Educación
La educación abre caminos hacia un futuro mejor
Casi 4 de cada 10 personas desplazadas por la fuerza en el mundo son niños y niñas. Para millones de ellos, huir también significa dejar atrás su escuela, sus docentes y sus compañeros.
Volver a estudiar les permite recuperar la seguridad, la confianza y la posibilidad de construir un nuevo futuro. Sin embargo, el 46% de la niñez refugiada en edad escolar no asiste a clases.
En ACNUR trabajamos para que niñas, niños y jóvenes puedan acceder a una educación segura, inclusiva y de calidad, sin importar dónde se encuentren.
12,4 millones
de niñas, niños y jóvenes refugiados están en edad escolar.
67% de la niñez refugiada
accede a educación primaria
Solo 37%
accede a la educación secundaria.
La educación salva futuros
Para una niña o un niño que tuvo que huir, la escuela es mucho más que un lugar donde aprender. Es un espacio seguro, una rutina que devuelve estabilidad y una oportunidad para recuperar vínculos, confianza y esperanza después de atravesar la violencia y el desplazamiento.
Además, permanecer en la escuela ayuda a reducir riesgos como el trabajo infantil, la explotación, el matrimonio forzado y el reclutamiento por grupos armados. Cada clase, cada docente y cada oportunidad de seguir estudiando puede abrir el camino hacia una vida más segura, autónoma y con mayores posibilidades.
Cómo trabaja ACNUR
ACNUR trabaja junto a gobiernos, escuelas, comunidades y organizaciones aliadas para que niñas, niños y jóvenes refugiados puedan incorporarse y permanecer en los sistemas educativos de los países que los reciben.

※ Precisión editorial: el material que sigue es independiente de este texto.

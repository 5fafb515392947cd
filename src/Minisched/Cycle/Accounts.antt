-- ===== src/Minisched/Cycle/Accounts.antt =====
-- minisched/minisched.go: what becomes of the pod that scheduleOne takes from the queue.
use mini_kube_scheduler.Common.{
  ℕ, ◌≡◌, refl, ◌∙◌, ap, ◌⊎◌, inl, inr, true, false, not, ◌&&◌, List, [], arith, In→any, any→In,
  Option, none, some, Option-cases, Bool-cases,
}
use mini_kube_scheduler.Common.Keys.{Text, str, text_eq, ◌==◌, eq_refl}
use mini_kube_scheduler.Common.Maps.{insert}
use mini_kube_scheduler.Framework.{Framework, Pod, Node, NodeScore, is_wait_code}
use mini_kube_scheduler.Queue.Types.{QueuedPodInfo, SchedulingQueue}
use mini_kube_scheduler.Queue.Ops.{next_pod, add_unschedulable}
use mini_kube_scheduler.WaitingPod.{WaitingPod, new_waiting_pod}
use mini_kube_scheduler.Minisched.Types.{Scheduler, Error, fit_error, other}
use mini_kube_scheduler.Minisched.Filters.Feasible.{run_filter_plugins_lem}
use mini_kube_scheduler.Minisched.Scores.{
  Flow, goes_on, returns, panics, run_pre_score_plugins, run_score_plugins,
}
use mini_kube_scheduler.Minisched.Select.{select_host}
use mini_kube_scheduler.Minisched.Permits.{PermitRun, run_permit_plugins}
use mini_kube_scheduler.Minisched.Permits.Verdict.{has_key, waits, run_permit_plugins_lem}
use mini_kube_scheduler.Minisched.Cycle.{
  NodeList, listed, list_error, Answers, Cycle, spins, panicked, puts_back, binds, permit_phase,
  select_phase, score_phase, pre_score_phase, filter_phase, schedule_pod, schedule_one, error_func,
  info_of,
}

module _ ⦃fw : Framework⦄ where
  -- ErrorFunc puts the pod back, and changes nothing else.
  pub error_func_lem :
      (now : ℕ) (pod : Pod) (err : Option Error) (sched : Scheduler)
      → (info : QueuedPodInfo) × (fw.pod_of info.pod_info ≡ pod)
        × (error_func now pod err sched
            ≡ record sched { scheduling_queue = add_unschedulable now sched.scheduling_queue info })
  unfolding error_func
  error_func_lem now pod err sched = (info_of pod err, fw.pod_of-new pod, refl)

module _ ⦃fw : Framework⦄ (a : Answers) (pod : Pod) (sched : Scheduler) where
  -- The pod waits for plugins, of which there is one, or the waiting pods are as they were.
  abbrev pub MayWait : List (Text × WaitingPod) → Type 0
  MayWait waiting_pods =
      (waiting_pods ≡ sched.waiting_pods)
      ⊎ (times : List (Text × ℕ)) × (plugin : Text) × (has_key plugin times ≡ true)
        × (waiting_pods ≡ insert pod.uid (new_waiting_pod a.now pod times) sched.waiting_pods)

  -- The pod is put back, and only the queue changes; or a goroutine is started for it, and only the
  -- waiting pods change; or a plugin panics.
  abbrev pub IsAccounted : Cycle → Type 0
  IsAccounted c =
      (c ≡ panicked)
      ⊎ ((allows : List (Text × ℕ)) × (info : QueuedPodInfo) × (fw.pod_of info.pod_info ≡ pod)
          × (c
              ≡ puts_back allows (record sched {
                scheduling_queue = add_unschedulable a.now sched.scheduling_queue info;
              })))
      ⊎ (allows : List (Text × ℕ)) × (node_name : Text) × (waiting_pods : List (Text × WaitingPod))
        × (c
            ≡ binds (record { pod = pod; node_name = node_name }) allows
                (record sched { waiting_pods = waiting_pods }))
        × MayWait waiting_pods

  put_back-IsAccounted :
      (allows : List (Text × ℕ)) (err : Option Error)
      → IsAccounted (puts_back allows (error_func a.now pod err sched))
  put_back-IsAccounted allows err =
      let (info, same, e) = error_func_lem a.now pod err sched in
      inr (inl (allows, info, same, ap (puts_back allows) e))

  -- RunPermitPlugins leaves the waiting pods as they were unless it answers Wait.
  permit-MayWait :
      (state : fw.CycleState) (node_name : Text) (r : PermitRun)
      → run_permit_plugins a.now state pod node_name sched.permit_plugins sched.waiting_pods
        ≡ some r
      → (r.waiting_pods ≡ sched.waiting_pods)
        ⊎ ((not (is_wait_code (fw.code r.status)) && not (fw.is_success r.status)) ≡ false)
          × MayWait r.waiting_pods
  permit-MayWait state node_name r e =
      let pls = sched.permit_plugins in
      elim (run_permit_plugins_lem state pod node_name a.now pls sched.waiting_pods r [] e) [
        | inl (pl, i, refuses, rejection, failed, same) ↦ inl same
        | inr (inr (all, nobody, nil, same)) ↦ inl same
        | inr (inl (all, one, code, times, same, asked)) ↦
            let (pl, member, asks) = any→In (waits state pod node_name) pls one in
            elim (run_permit_plugins_lem state pod node_name a.now pls sched.waiting_pods r pl.name
              e) [
                | inl (q, i, refuses, rejection, failed, same') ↦ inl same'
                | inr (inr (all', nobody, nil, same')) ↦ inl same'
                | inr (inl (all', one', code', times', same', asked')) ↦
                    let listed =
                      In→any (λ q. waits state pod node_name q && q.name == pl.name) pls pl member
                        (ground (arith, eq_refl pl.name)) in
                    inr (ground arith, inr (times', pl.name, asked' ∙ listed, same'))
              ]
      ]

  permit-IsAccounted :
      (state : fw.CycleState) (node_name : Text)
      → IsAccounted (permit_phase a pod sched state node_name)
  unfolding permit_phase
  permit-IsAccounted state node_name =
      elim (Option-cases
        (run_permit_plugins a.now state pod node_name sched.permit_plugins sched.waiting_pods)) [
          | inl e ↦ rw (e, permit_phase) (inl refl)
          | inr (r, e) ↦
              elim (Bool-cases
                (not (is_wait_code (fw.code r.status)) && not (fw.is_success r.status))) [
                  | inl f ↦ elim (permit-MayWait state node_name r e) [
                    | inl same ↦
                        rw (e, permit_phase, f) (rw same (put_back-IsAccounted r.allows none))
                    | inr (g, may) ↦ absurd (cc)
                  ]
                  | inr f ↦
                      rw (e, permit_phase, f)
                        (inr (
                          inr (
                            r.allows,
                            node_name,
                            r.waiting_pods,
                            refl,
                            elim (permit-MayWait state node_name r e) [
                              | inl same ↦ inl same
                              | inr (g, may) ↦ may
                            ],
                          )))
                ]
        ]

  select-IsAccounted :
      (state : fw.CycleState) (scores : List NodeScore)
      → IsAccounted (select_phase a pod sched state scores)
  unfolding select_phase
  select-IsAccounted state scores = elim (Option-cases (select_host a.intn scores)) [
    | inl e ↦
        rw (e, select_phase) (put_back-IsAccounted [] (some (other (str "empty priorityList"))))
    | inr (node_name, e) ↦ rw (e, select_phase) (permit-IsAccounted state node_name)
  ]

  score-IsAccounted :
      (state : fw.CycleState) (nodes : List Node)
      → IsAccounted (score_phase a pod sched state nodes)
  unfolding score_phase
  score-IsAccounted state nodes =
      by_result (run_score_plugins state pod sched.score_plugins nodes) refl
    where
      by_result :
          (r : Flow (List NodeScore))
          → run_score_plugins state pod sched.score_plugins nodes ≡ r
          → IsAccounted (score_phase a pod sched state nodes)
      by_result panics e = rw (e, score_phase) (inl refl)
      by_result (returns status) e = rw (e, score_phase) (put_back-IsAccounted [] none)
      by_result (goes_on scores) e = rw (e, score_phase) (select-IsAccounted state scores)

  pre_score-IsAccounted :
      (state : fw.CycleState) (nodes : List Node)
      → IsAccounted (pre_score_phase a pod sched state nodes)
  unfolding pre_score_phase
  pre_score-IsAccounted state nodes =
      by_result (run_pre_score_plugins sched.pre_score_plugins state pod nodes) refl
    where
      by_result :
          (r : Flow fw.CycleState)
          → run_pre_score_plugins sched.pre_score_plugins state pod nodes ≡ r
          → IsAccounted (pre_score_phase a pod sched state nodes)
      by_result panics e = rw (e, pre_score_phase) (inl refl)
      by_result (returns status) e = rw (e, pre_score_phase) (put_back-IsAccounted [] none)
      by_result (goes_on state') e = rw (e, pre_score_phase) (score-IsAccounted state' nodes)

  filter-IsAccounted : (nodes : List Node) → IsAccounted (filter_phase a pod sched nodes)
  unfolding filter_phase
  filter-IsAccounted nodes =
      elim (run_filter_plugins_lem fw.new_cycle_state pod sched.filter_plugins nodes []) [
        | inl (some_pass, e) ↦ rw (e, filter_phase) (pre_score-IsAccounted fw.new_cycle_state _)
        | inr (none_pass, plugins, e, blame) ↦
            rw (e, filter_phase) (put_back-IsAccounted [] (some (fit_error plugins)))
      ]

  pub schedule_pod-IsAccounted : IsAccounted (schedule_pod a pod sched)
  unfolding schedule_pod
  schedule_pod-IsAccounted = by_answer a.nodes refl
    where
      by_answer : (l : NodeList) → a.nodes ≡ l → IsAccounted (schedule_pod a pod sched)
      by_answer (listed nodes) e = rw (e, schedule_pod) (filter-IsAccounted nodes)
      by_answer (list_error text) e =
          rw (e, schedule_pod) (put_back-IsAccounted [] (some (other text)))

module _ ⦃fw : Framework⦄ where
  pub schedule_one-IsAccounted :
      (a : Answers) (sched : Scheduler)
      → ((next_pod sched.scheduling_queue ≡ none) × (schedule_one a sched ≡ spins))
        ⊎ (pod : Pod) × (queue : SchedulingQueue) × (next_pod sched.scheduling_queue
            ≡ some (pod, queue))
          × IsAccounted a pod (record sched { scheduling_queue = queue }) (schedule_one a sched)
  unfolding schedule_one
  schedule_one-IsAccounted a sched = elim (Option-cases (next_pod sched.scheduling_queue)) [
    | inl e ↦ inl (e, rw (e, schedule_one) refl)
    | inr ((pod, queue), e) ↦ inr (
      pod,
      queue,
      e,
      rw (e, schedule_one)
          (schedule_pod-IsAccounted a pod (record sched { scheduling_queue = queue })),
    )
  ]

Para lograrlo, ayuda a superar barreras como la falta de documentación, las diferencias de idioma, los costos escolares, la falta de vacantes y la discriminación. También contribuye a mejorar aulas y espacios de aprendizaje, capacitar docentes, entregar materiales escolares y facilitar el acceso a becas, tecnología y programas de educación a distancia.
El acompañamiento abarca todas las etapas: desde la primera infancia y la escuela primaria hasta la educación secundaria, técnica y universitaria. Porque acceder a la educación no solo permite continuar aprendiendo: también ayuda a niñas, niños y jóvenes a recuperar estabilidad, desarrollar sus capacidades y construir un futuro con mayor autonomía.
Estudiar es el sueño de miles de niñas y niños refugiados. Vos podés hacerlo posible.
Con tu donación, ACNUR puede brindar materiales, mejorar espacios educativos y ayudar a que más estudiantes continúen aprendiendo.
“La educación es una herramienta que podemos usar para eliminar el trauma. Mediante la interacción con otros niños que también han pasado por situaciones terribles, encuentran una manera de olvidar por lo que han pasado”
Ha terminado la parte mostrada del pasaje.